Meta Platforms, Inc. (NASDAQ: META) recently unveiled its third-quarter earnings, surpassing both revenue and earnings estimates. Meta’s core operations revolve around its suite of platforms like Facebook, Instagram, and WhatsApp. And those apps continue to carry the business, making up for losses in Reality Labs, the part of its business that’s focused on the metaverse.
The tech company reported Q3 earnings of $4.39 per share, exceeding Wall Street expectations of $3.63. And total revenue of $34.2 billion also beat analyst projections of $33.6 billion. This has happened even as the company’s Reality Labs business incurred an operating loss of $3.7 billion. The company recently unveiled its Quest 3 headset, indicating that Meta remains committed to growing its metaverse business despite the continual losses from the segment.

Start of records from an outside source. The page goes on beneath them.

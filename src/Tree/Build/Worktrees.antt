-- ===== src/Tree/Build/Worktrees.antt =====
-- tree.go: the loop of Build over the worktrees gives each its node.
use repo_man.Model.{Repo}
use repo_man.Model.Node.{Info}
use repo_man.Tree.Build.{
  Builder, link, register, after, attach, worktree_info, hang, noted, place_worktree,
}
use repo_man.Tree.Build.Cells.{Holds}
use repo_man.Tree.Build.Sound.{IsKinded, IsSound, Extends, Extends-trans}
use repo_man.Tree.Build.Growing.{
  IsGrown, grown, IsGrown-trans, Extends-lt, Leads, HasInfo, attach-HasInfo, attach-Leads,
  added-IsGrown, link-new,
}
use repo_man.Tree.Build.Naming.{both-Holds}
use repo_man.Tree.Build.Covering.{Stepped}
use repo_man.Tree.Build.Primaries.{Has, extended, Places, if-cases}
use repo_man.Base.{
  ℕ, ◌≡◌, refl, ap, Bool, true, false, not, Option, none, some, Dict, lookup, length,
}

-- What the loop over the worktrees keeps, from the builder that it starts with.
module _ (paths : Dict ℕ) (b₀ : Builder) where
  abbrev pub IsHung : Builder → Type 0
  IsHung b = IsSound b × Places b paths × Extends b₀ b

  abbrev pub HasWorktree : Repo → Builder → Type 0
  HasWorktree r b = r.is_worktree ≡ true → Has r b

  abbrev pub Any : Repo → Repo → Type 0
  Any r s = Unit

  hung : (b b' : Builder) → IsHung b → IsGrown b b' → IsHung b'
  hung b b' (s, p, e) g =
      (g.sound, (λ q k h. Extends-lt b b' k g.extends (p q k h)), Extends-trans b₀ b b' e g.extends)

  abbrev IsStepped : Repo → Builder → Builder → Type 0
  IsStepped r b b' = Stepped IsHung HasWorktree Any (place_worktree paths) r b b'

  stepped :
      (r : Repo) (b b' : Builder) → IsHung b → IsGrown b b' → HasWorktree r b' → IsStepped r b b'
  stepped r b b' h g w = (hung b b' h g, w, λ y u q e. extended y b b' g.extends (q e))

  noted-IsGrown : (r : Repo) (b : Builder) → IsSound b → IsGrown b (noted r b)
  unfolding noted
  noted-IsGrown r b s = record {
    sound = record {
      begun = s.begun;
      forward = s.forward;
      rooted = s.rooted;
      named = s.named;
      kinded = s.kinded;
    };
    extends = record { cells = λ k c h. (c, h, refl) };
  }

  worktree-IsKinded : (r : Repo) → IsKinded (worktree_info r)
  worktree-IsKinded r s e q = cc

  after-Stepped :
      (r : Repo) (b b₁ : Builder) (o : Option (ℕ × Builder))
      → IsHung b
      → IsGrown b b₁
      → Holds (λ s. Leads b₁ s × HasInfo (worktree_info r) s) o
      → Holds (IsStepped r b) (after o)
  after-Stepped r b b₁ none h g l = tt
  after-Stepped r b b₁ (some (id, b₂)) h g ((l, f), (c, at, i)) =
      stepped r b b₂ h (IsGrown-trans b b₁ b₂ g f) (λ e. (id, c, at, ap (λ (j : Info). j.repo) i))

  hang-Stepped :
      (r : Repo) (b b₁ : Builder) (o : Option ℕ)
      → IsHung b
      → IsGrown b b₁
      → lookup r.main_path paths ≡ o
      → Holds (IsStepped r b) (hang r b₁ o)
  unfolding register
  hang-Stepped r b b₁ (some parent) h g e =
      let l = (hung b b₁ h g).1 r.main_path parent e in
      let a = added-IsGrown r.rel parent (worktree_info r) b₁ (worktree-IsKinded r) l g.sound in
      stepped r b (register r.rel (link parent (worktree_info r) b₁)) h (IsGrown-trans b b₁ _ g a)
        (λ w. (length b₁.cells, _, link-new parent (worktree_info r) b₁, refl))
  hang-Stepped r b b₁ none h g e = after-Stepped r b b₁ (attach r.rel (worktree_info r) b₁) h g (
      both-Holds (Leads b₁) (HasInfo (worktree_info r)) (attach r.rel (worktree_info r) b₁)
        (attach-Leads r.rel (worktree_info r) b₁ (worktree-IsKinded r) g.sound)
        (attach-HasInfo r.rel (worktree_info r) b₁))

  not-true : (b : Bool) → not b ≡ true → b ≡ false
  not-true false e = refl
  not-true true e = absurd (cc (e))

  pub place_worktree-Stepped :
      (r : Repo) (b : Builder) → IsHung b → Holds (IsStepped r b) (place_worktree paths r b)
  unfolding place_worktree
  place_worktree-Stepped r b h =
      if-cases (IsStepped r b) (not r.is_worktree) (some b) _
        (λ w.
          let n : r.is_worktree ≡ false = not-true r.is_worktree w in
          stepped r b b h (grown b h.0) (λ e. absurd (cc (n, e))))
        (λ w.
          hang-Stepped r b (noted r b) (lookup r.main_path paths) h (noted-IsGrown r b h.0) refl)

Meta’s overall surge in earnings this past quarter can be attributed to a rebound in ad revenue and the cost-cutting measures initiated under Mark Zuckerberg’s “year of efficiency.” The company also recorded a 31% year-over-year increase in ad impressions, surpassing the projected 29.6%.
However, not all the news was great. The stock would ultimately fall after earnings due to a soft Q4 guidance. Susan Li, Meta’s CFO, cited geopolitical tensions as a potential factor for a softening ad market, emphasizing the uncertainty and volatility that may be ahead in upcoming months.
There are also legal challenges, with 42 attorneys general targeting Facebook and Instagram for allegedly creating addictive features aimed at children. While Meta has defended its stance, these lawsuits could pose significant headwinds in the future.
Year to date, Meta’s stock is up around 147%. But with some challenges ahead, it could be running out of steam. Investors should be cautious before taking a chance on Meta as this has been a volatile stock in the past few years.